BEGIN EXERCISE MATERIALS
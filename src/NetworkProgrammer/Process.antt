-- ===== src/NetworkProgrammer/Process.antt =====
-- `NetworkProgrammer::process` from the test of the version on, and ETarget (src/Programmer.cpp).
use Prim.Native.String.{String}
use programmer.Prelude.{ℕ, Bool, not, ◌||◌, List, [], ◌∷◌, ◌==◌, if◌then◌else◌}
use programmer.Exceptions.{Result, ok, throws, throw, Thrown, target_error, text}
use programmer.Protocol
use programmer.Protocol.Header
use programmer.Protocol.Op
use programmer.Protocol.Status

pub data Reaction : Type 0 where
  ignore extend_time done : Reaction

-- The cases of the switch in ETarget's constructor, in their order. None of them ends with a
-- break, so control goes on through the assignments below it.
unfoldable pub messages : List (ℕ × String)
messages =
    (Status.inv_op, "Operation not supported by the target.")
    ∷ (Status.inv_param, "The target detected an invalid parameter.")
    ∷ (Status.inv_length, "Invalid operation length.")
    ∷ (Status.inv_addr, "Invalid operation address.")
    ∷ (Status.protected_addr, "Forbidden operation address.")
    ∷ (Status.inv_src, "Sender aren't permitted to perform this operation.")
    ∷ (Status.pkt_size, "The target reported invalid packet size.")
    ∷ []

-- The message after the assignments from a case on.
unfoldable pub fall_through : List (ℕ × String) → String → String
fall_through [] message = "Target reported an invalid status."
fall_through (m ∷ ms) message = fall_through ms m.1

-- The jump to the case of the status; STATUS_REQUEST and the others are the last one.
unfoldable pub switch : List (ℕ × String) → ℕ → String
switch [] status = "Target reported an invalid status."
switch (m ∷ ms) status =
    let rest = switch ms status in if status == m.0 then fall_through ms m.1 else rest

unfoldable pub e_target : ℕ → Thrown
e_target status = target_error status (text (switch messages status) ∷ [])

unfoldable pub takes_time : ℕ → Bool
takes_time op =
    (op == Op.read)
    || (op == Op.write)
    || (op == Op.erase)
    || (op == Op.erase_write)
    || (op == Op.chip_erase)
    || (op == Op.checksum)

-- The switch over the status.
unfoldable pub react : ℕ → ℕ → Result Reaction
react operation status =
    if status == Status.done
    then ok done
    else if status == Status.in_progress
    then if not (takes_time operation)
      then throw "Received unexcepted status from target."
      else ok extend_time
    else throws (e_target status)

-- The tests of a frame against the request that was sent.
unfoldable pub classify : List ℕ → List ℕ → Result Reaction
classify tx rx =
    if not (Header.version rx == Protocol.version)
    then throw "Unsupported protocol version."
    else if not (Header.seq rx == Header.seq tx)
    then ok ignore
    else if not (Header.operation rx == Header.operation tx)
    then throw "Invalid operation code in response."
    else react (Header.operation rx) (Header.status rx)
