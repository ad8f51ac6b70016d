-- ===== src/Files.antt =====
-- task3_filesystem_security: users, file metadata, permissions, encryption and the audit log.
pub mod Sha
pub mod Crypto
pub mod Disk
pub mod Audit
pub mod Perms
pub mod Auth
pub mod Ops
pub mod Menu
mod Tests
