-- ===== src/Files/Disk.antt =====
-- The structures of task3_filesystem_security/common.h, and what the program keeps on disk.
use samuel_basnet_240512_st.Prelude.{ℕ, Bytes, Bool, List, Option}

abbrev pub max_username : ℕ
max_username = 32

abbrev pub max_password : ℕ
max_password = 64

abbrev pub max_group : ℕ
max_group = 32

abbrev pub max_filename : ℕ
max_filename = 64

abbrev pub perm_string_len : ℕ
perm_string_len = 9

-- The strings in the arrays `username` and `group`.
pub record User : Type 0 where
  pub username : Bytes
  pub group : Bytes
  pub salt : Bytes
  pub hash : Bytes

pub record FileMeta : Type 0 where
  pub filename : Bytes
  pub owner : Bytes
  pub group : Bytes
  pub permissions : Bytes
  pub is_encrypted : Bool

pub data PermType : Type 0 where
  perm_read perm_write perm_execute : PermType

-- `users.dat`, `files_meta.dat`, the files below `storage/` by their paths, and `audit.log`, each apart
-- from the others: no stored file is one of the three, as it is for a name without separators. A
-- database that does not exist is one without records.
pub record Disk : Type 0 where
  pub users : List User
  pub metas : List FileMeta
  pub storage : Bytes → Option Bytes
  pub audit : Bytes

-- What the C library and the system decide during one call: the text of the clock, which files can
-- be opened, and whether memory is given.
pub record Io : Type 0 where
  pub now : Bytes
  pub audit_append : Bool
  pub users_read : Bool
  pub users_append : Bool
  pub metas_read : Bool
  pub metas_append : Bool
  pub metas_write : Bool
  pub storage_read : Bool
  pub storage_write : Bool
  pub storage_remove : Bool
  pub memory : Bool
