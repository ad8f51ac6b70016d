-- ===== src/Files/Audit.antt =====
-- The audit log of task3_filesystem_security/audit.c. No caller passes a null pointer.
use samuel_basnet_240512_st.Prelude.{Bytes, codes, [], ◌∷◌, ◌++◌, if◌then◌else◌}
use samuel_basnet_240512_st.Files.Disk.{Disk, Io}

abbrev pub name_or_dash : Bytes → Bytes
name_or_dash [] = codes "-"
name_or_dash (c ∷ cs) = c ∷ cs

unfoldable pub log_line : Bytes → Bytes → Bytes → Bytes → Bytes → Bytes
log_line now username action target result =
    codes "["
    ++ (now
        ++ (codes "] user="
            ++ (name_or_dash username
                ++ (codes " action="
                    ++ (action
                        ++ (codes " target="
                            ++ (target ++ (codes " result=" ++ (result ++ codes "\n")))))))))

-- A log that cannot be opened is left as it is, with a warning on the screen.
unfoldable pub log_action : Io → Bytes → Bytes → Bytes → Bytes → Disk → Disk
log_action io username action target result d =
    if io.audit_append
    then record d { audit = d.audit ++ log_line io.now username action target result }
    else d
END EXERCISE MATERIALS
▸ TASK:
Using the data above, reproduce exactly the lines between those holding "-- ===== src/NetworkProgrammer/Process.antt" and "ignore extend_time done : Reaction", inclusive, and no others.

▸ SOLUTION TO THE PROBLEM:
-- ===== src/NetworkProgrammer/Process.antt =====
-- `NetworkProgrammer::process` from the test of the version on, and ETarget (src/Programmer.cpp).
use Prim.Native.String.{String}
use programmer.Prelude.{ℕ, Bool, not, ◌||◌, List, [], ◌∷◌, ◌==◌, if◌then◌else◌}
use programmer.Exceptions.{Result, ok, throws, throw, Thrown, target_error, text}
use programmer.Protocol
use programmer.Protocol.Header
use programmer.Protocol.Op
use programmer.Protocol.Status

pub data Reaction : Type 0 where
  ignore extend_time done : Reaction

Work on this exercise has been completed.